Pytorch profiler step?

Anders_V · May 4, 2023, 11:08am

Hi, I’m trying to get started with the Pytorch profiler and noticed that in all of my runs on different models/tutorial codes the Pytorch tensorboard always displays step number 0? I’m confused if this means that it only did one loop of sampling or if there is some Tensorboard setting I need to hit? Honestly I’m very confused about if the Profiler is behaving as expected

Finally I copied the code from this tutorial verbatim:
https://pytorch.org/tutorials/intermediate/tensorboard_profiler_tutorial.html

and the end result looks like this on my tensorboard

It is different from the tutorial which had four steps. (Should be noted I’m running tensorboard from VS code, not a chrome instance like the tutorial)

Brasilino · May 4, 2023, 7:12pm

Hello @Anders_V

Please double-check the prof.step() indentation.

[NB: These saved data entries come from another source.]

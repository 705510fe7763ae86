-- ===== src/CodeFlows/Internal/Steps.antt =====
-- The flows inside one module, by the steps of the flow (application/code_flows.py).
use mathlib.Core.List.Memᴰ
use mathlib.Core.Logic.{⊎_elim}
use systemlens.Prelude.{
  ◌≡◌, ◌≢◌, refl, sym, ap, ◌∙◌, subst, none, some, List, [], ◌∷◌, Memᴰ, Option-cases, inl, inr, ◌↔◌,
  option_eq,
}
use systemlens.Prelude.Dict.{get}
use systemlens.Text.{Text, text_eq}
use systemlens.Models.{MessageEndpoint}
use systemlens.CodeFlows.{CodeFlowStep}
use systemlens.CodeFlows.Internal.{EndpointsById, step_endpoint, endpoint_steps}

-- The step names the indexed endpoint.
pub record Names (d : EndpointsById) (s : CodeFlowStep) (e : MessageEndpoint) : Type 0 where
  pub id : Text
  pub given : s.endpoint_id ≡ some id
  pub shown : id ≢ []
  pub found : get d id ≡ some e

pub Names-iff :
    (d : EndpointsById) (s : CodeFlowStep) (e : MessageEndpoint)
    → (step_endpoint d s.endpoint_id ≡ some e) ↔ Names d s e
unfolding step_endpoint
Names-iff d s e = elim (Option-cases s.endpoint_id) [
  | inl q ↦ (λ h. cc (rw q at h), λ n. cc (q, n.given))
  | inr (id, q) ↦ of_id id q
]
  where
    of_id :
        (id : Text)
        → s.endpoint_id ≡ some id
        → (step_endpoint d s.endpoint_id ≡ some e) ↔ Names d s e
    of_id [] q = (λ h. cc (rw q at h), λ n. absurd (n.shown (cc (q, n.given))))
    of_id (c ∷ t) q = (
      λ h. record { id = c ∷ t; given = q; shown = λ r. cc; found = rw q at h },
      λ n.
          let same : n.id ≡ c ∷ t = cc (q, n.given) in
          rw q (subst (λ z. get d z ≡ some e) same n.found),
    )

-- The first step that names an indexed endpoint names this one.
pub data First (d : EndpointsById) (e : MessageEndpoint) : List CodeFlowStep → Type 0 where
  here : {s : CodeFlowStep} {steps : List CodeFlowStep} → Names d s e → First d e (s ∷ steps)
  later :
      {s : CodeFlowStep} {steps : List CodeFlowStep}
      → ((x : MessageEndpoint) → Names d s x → ⊥)
      → First d e steps
      → First d e (s ∷ steps)

-- The last step that names an indexed endpoint names this one.
pub data Last (d : EndpointsById) (e : MessageEndpoint) : List CodeFlowStep → Type 0 where
  here :
      {s : CodeFlowStep} {steps : List CodeFlowStep}
      → Names d s e
      → ((t : CodeFlowStep) (x : MessageEndpoint) → Memᴰ t steps → Names d t x → ⊥)
      → Last d e (s ∷ steps)
  later : {s : CodeFlowStep} {steps : List CodeFlowStep} → Last d e steps → Last d e (s ∷ steps)

pub steps_iff :
    (d : EndpointsById) (steps : List CodeFlowStep) (e : MessageEndpoint)
    → Memᴰ e (endpoint_steps d steps) ↔ ((s : CodeFlowStep) × (Memᴰ s steps × Names d s e))
unfolding endpoint_steps
steps_iff d [] e = (λ m. absurd (Memᴰ.not-nil m), λ (s, (m, n)). absurd (Memᴰ.not-nil m))
steps_iff d (s ∷ steps) e = elim (Option-cases (step_endpoint d s.endpoint_id)) [
  | inl q ↦
      rw (q, endpoint_steps)
        (
          λ m. let (t, (k, n)) = (steps_iff d steps e).0 m in (t, (Memᴰ.tail k, n)),
          λ (t, (k, n)).
              ⊎_elim (λ same. cc (q, (Names-iff d s e).1 (subst (λ z. Names d z e) same n)))
                (λ l. (steps_iff d steps e).1 (t, (l, n))) (Memᴰ.cases_cons k),
        )
  | inr (x, q) ↦
      rw (q, endpoint_steps)
        (
          λ m.
              ⊎_elim (λ same. (s, (Memᴰ.head refl, (Names-iff d s e).0 (q ∙ ap some (sym same)))))
                (λ l. let (t, (k, n)) = (steps_iff d steps e).0 l in (t, (Memᴰ.tail k, n)))
                (Memᴰ.cases_cons m),
          λ (t, (k, n)).
              ⊎_elim
                (λ same.
                  let named = (Names-iff d s e).1 (subst (λ z. Names d z e) same n) in
                  let one : e ≡ x = cc (q, named) in Memᴰ.head one)
                (λ l. Memᴰ.tail ((steps_iff d steps e).1 (t, (l, n)))) (Memᴰ.cases_cons k),
        )
]

pub unnamed :
    (d : EndpointsById) (s : CodeFlowStep)
    → step_endpoint d s.endpoint_id ≡ none
    → (x : MessageEndpoint) → Names d s x
    → ⊥
unnamed d s q x n = cc (q, (Names-iff d s x).1 n)

pub none_after :
    (d : EndpointsById) (steps : List CodeFlowStep)
    → ((t : CodeFlowStep) (x : MessageEndpoint) → Memᴰ t steps → Names d t x → ⊥)
    → endpoint_steps d steps ≡ []
none_after d steps h = go (endpoint_steps d steps) refl
  where
    go : (es : List MessageEndpoint) → endpoint_steps d steps ≡ es → es ≡ []
    go [] q = refl
    go (e ∷ es) q =
        let (t, (m, n)) = (steps_iff d steps e).0 (subst (Memᴰ e) (sym q) (Memᴰ.head refl)) in
        absurd (h t e m n)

Make sure it is within the for loop scope.

Best,
Lucas

Anders_V · May 5, 2023, 8:15am

Hi, I reran and double checked the prof.step() indentation, but I’m still having the same issue.

Here is my code for reference.

# https://pytorch.org/tutorials/intermediate/tensorboard_profiler_tutorial.html

import torch
import torch.nn
import torch.optim
import torch.profiler
import torch.utils.data
import torchvision.datasets
import torchvision.models
import torchvision.transforms as T


transform = T.Compose(
    [T.Resize(224),
     T.ToTensor(),
     T.Normalize((0.5, 0.5, 0.5), (0.5, 0.5, 0.5))])
train_set = torchvision.datasets.CIFAR10(root='./data', train=True, download=True, transform=transform)
train_loader = torch.utils.data.DataLoader(train_set, batch_size=32, shuffle=True)

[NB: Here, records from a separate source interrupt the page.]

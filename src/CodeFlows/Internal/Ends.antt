-- ===== src/CodeFlows/Internal/Ends.antt =====
-- The first and the last endpoint that a flow names (application/code_flows.py).
use mathlib.Core.List.Memᴰ
use systemlens.Prelude.{
  ◌≡◌, refl, ap, ◌∙◌, subst, some, List, [], ◌∷◌, Memᴰ, Option-cases, inl, inr, option_eq,
}
use systemlens.Text.{text_eq}
use systemlens.Models.{MessageEndpoint}
use systemlens.CodeFlows.{CodeFlowStep}
use systemlens.CodeFlows.Internal.{EndpointsById, step_endpoint, endpoint_steps, last_or}
use systemlens.CodeFlows.Internal.Steps.{
  Names, First, First.here, First.later, Last, Last.here, Last.later, Names-iff, steps_iff, unnamed,
  none_after,
}

pub First-sound :
    (d : EndpointsById) (steps : List CodeFlowStep) (e : MessageEndpoint)
    (others : List MessageEndpoint)
    → endpoint_steps d steps ≡ e ∷ others
    → First d e steps
unfolding endpoint_steps
First-sound d [] e others h = cc
First-sound d (s ∷ steps) e others h = elim (Option-cases (step_endpoint d s.endpoint_id)) [
  | inl q ↦ First.later (unnamed d s q) (First-sound d steps e others (rw (q, endpoint_steps) at h))
  | inr (x, q) ↦
      let same : x ≡ e = cc (rw (q, endpoint_steps) at h) in
      First.here ((Names-iff d s e).0 (q ∙ ap some same))
]

pub First-complete :
    (d : EndpointsById) (steps : List CodeFlowStep) (e : MessageEndpoint)
    → First d e steps
    → (others : List MessageEndpoint) × (endpoint_steps d steps ≡ e ∷ others)
unfolding endpoint_steps
First-complete d [] e f = elim f [ ]
First-complete d (s ∷ steps) e (here n) =
    (endpoint_steps d steps, rw ((Names-iff d s e).1 n, endpoint_steps) refl)
First-complete d (s ∷ steps) e (later unnamed_here f) =
    let (others, q) = First-complete d steps e f in
    elim (Option-cases (step_endpoint d s.endpoint_id)) [
      | inl h ↦ (others, rw (h, endpoint_steps) q)
      | inr (x, h) ↦ absurd (unnamed_here x ((Names-iff d s x).0 h))
    ]

Last-of_named :
    (d : EndpointsById) (s : CodeFlowStep) (steps : List CodeFlowStep) (x f : MessageEndpoint)
    (others : List MessageEndpoint)
    → step_endpoint d s.endpoint_id ≡ some x
    → x ∷ endpoint_steps d steps ≡ f ∷ others
    → ((e : MessageEndpoint) (es : List MessageEndpoint)
        → endpoint_steps d steps ≡ e ∷ es
        → Last d (last_or e es) steps)
    → Last d (last_or f others) (s ∷ steps)
unfolding last_or
Last-of_named d s steps x f [] q p known =
    let same : x ≡ f = cc in
    let rest : endpoint_steps d steps ≡ [] = cc in
    Last.here ((Names-iff d s f).0 (q ∙ ap some same))
      (λ t y m n. Memᴰ.not-nil (subst (Memᴰ y) rest ((steps_iff d steps y).1 (t, (m, n)))))
Last-of_named d s steps x f (e ∷ es) q p known =
    let rest : endpoint_steps d steps ≡ e ∷ es = cc in Last.later (known e es rest)

pub Last-sound :
    (d : EndpointsById) (steps : List CodeFlowStep) (f : MessageEndpoint)
    (others : List MessageEndpoint)
    → endpoint_steps d steps ≡ f ∷ others
    → Last d (last_or f others) steps
unfolding endpoint_steps
Last-sound d [] f others h = cc
Last-sound d (s ∷ steps) f others h = elim (Option-cases (step_endpoint d s.endpoint_id)) [
  | inl q ↦ Last.later (Last-sound d steps f others (rw (q, endpoint_steps) at h))
  | inr (x, q) ↦
      Last-of_named d s steps x f others q (rw (q, endpoint_steps) at h)
        (λ e es r. Last-sound d steps e es r)
]

last_named :
    (d : EndpointsById) (steps : List CodeFlowStep) (e : MessageEndpoint)
    → Last d e steps
    → Memᴰ e (endpoint_steps d steps)
last_named d steps e l = (steps_iff d steps e).1 (go steps l)
  where
    go : (xs : List CodeFlowStep) → Last d e xs → (s : CodeFlowStep) × (Memᴰ s xs × Names d s e)
    go [] l = elim l [ ]
    go (s ∷ xs) (here n after) = (s, (Memᴰ.head refl, n))
    go (s ∷ xs) (later l) = let (t, (m, n)) = go xs l in (t, (Memᴰ.tail m, n))

named_of_last :
    (d : EndpointsById) (steps : List CodeFlowStep) (x e f : MessageEndpoint)
    (others : List MessageEndpoint)
    → x ∷ endpoint_steps d steps ≡ f ∷ others
    → Memᴰ e (endpoint_steps d steps)
    → ((g : MessageEndpoint) (es : List MessageEndpoint)
        → endpoint_steps d steps ≡ g ∷ es
        → last_or g es ≡ e)
    → last_or f others ≡ e
unfolding last_or
named_of_last d steps x e f [] p m known =
    let rest : endpoint_steps d steps ≡ [] = cc in absurd (Memᴰ.not-nil (subst (Memᴰ e) rest m))
named_of_last d steps x e f (g ∷ es) p m known =
    let rest : endpoint_steps d steps ≡ g ∷ es = cc in known g es rest

pub Last-complete :
    (d : EndpointsById) (steps : List CodeFlowStep) (e f : MessageEndpoint)
    (others : List MessageEndpoint)
    → endpoint_steps d steps ≡ f ∷ others
    → Last d e steps
    → last_or f others ≡ e
unfolding endpoint_steps last_or
Last-complete d [] e f others h l = elim l [ ]
Last-complete d (s ∷ steps) e f others h (here n after) =
    let q = (Names-iff d s e).1 n in
    let both : e ∷ endpoint_steps d steps ≡ f ∷ others = rw (q, endpoint_steps) at h in
    let rest : others ≡ [] = cc (both, none_after d steps after) in
    let same : f ≡ e = cc in rw rest same
Last-complete d (s ∷ steps) e f others h (later l) =
    elim (Option-cases (step_endpoint d s.endpoint_id)) [
      | inl q ↦ Last-complete d steps e f others (rw (q, endpoint_steps) at h) l
      | inr (x, q) ↦
          named_of_last d steps x e f others (rw (q, endpoint_steps) at h) (last_named d steps e l)
            (λ g es r. Last-complete d steps e g es r l)
    ]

device = torch.device("cuda:0")
model = torchvision.models.resnet18(weights='IMAGENET1K_V1').cuda(device)
criterion = torch.nn.CrossEntropyLoss().cuda(device)
optimizer = torch.optim.SGD(model.parameters(), lr=0.001, momentum=0.9)
model.train()


def train(data):
    inputs, labels = data[0].to(device=device), data[1].to(device=device)
    outputs = model(inputs)
    loss = criterion(outputs, labels)
    optimizer.zero_grad()
    loss.backward()
    optimizer.step()


with torch.profiler.profile(
        schedule=torch.profiler.schedule(wait=1, warmup=1, active=3, repeat=2),
        on_trace_ready=torch.profiler.tensorboard_trace_handler('./log/resnet18'),
        record_shapes=True,
        profile_memory=True,
        with_stack=True
) as prof:
    for step, batch_data in enumerate(train_loader):
        if step >= (1 + 1 + 3) * 2:
            break
        train(batch_data)
        prof.step()

When the code above finished executing I get this in the terminal:

Files already downloaded and verified
STAGE:2023-05-05 10:14:30 5872:5872 ActivityProfilerController.cpp:311] Completed Stage: Warm Up
[W CPUAllocator.cpp:235] Memory block of unknown size was allocated before the profiling started, profiler results will not include the deallocation event
STAGE:2023-05-05 10:14:30 5872:5872 ActivityProfilerController.cpp:317] Completed Stage: Collection
STAGE:2023-05-05 10:14:30 5872:5872 ActivityProfilerController.cpp:321] Completed Stage: Post Processing
STAGE:2023-05-05 10:14:30 5872:5872 ActivityProfilerController.cpp:311] Completed Stage: Warm Up
STAGE:2023-05-05 10:14:30 5872:5872 ActivityProfilerController.cpp:317] Completed Stage: Collection
STAGE:2023-05-05 10:14:30 5872:5872 ActivityProfilerController.cpp:321] Completed Stage: Post Processing

And the result when I start tensorboard is the same as in the original image.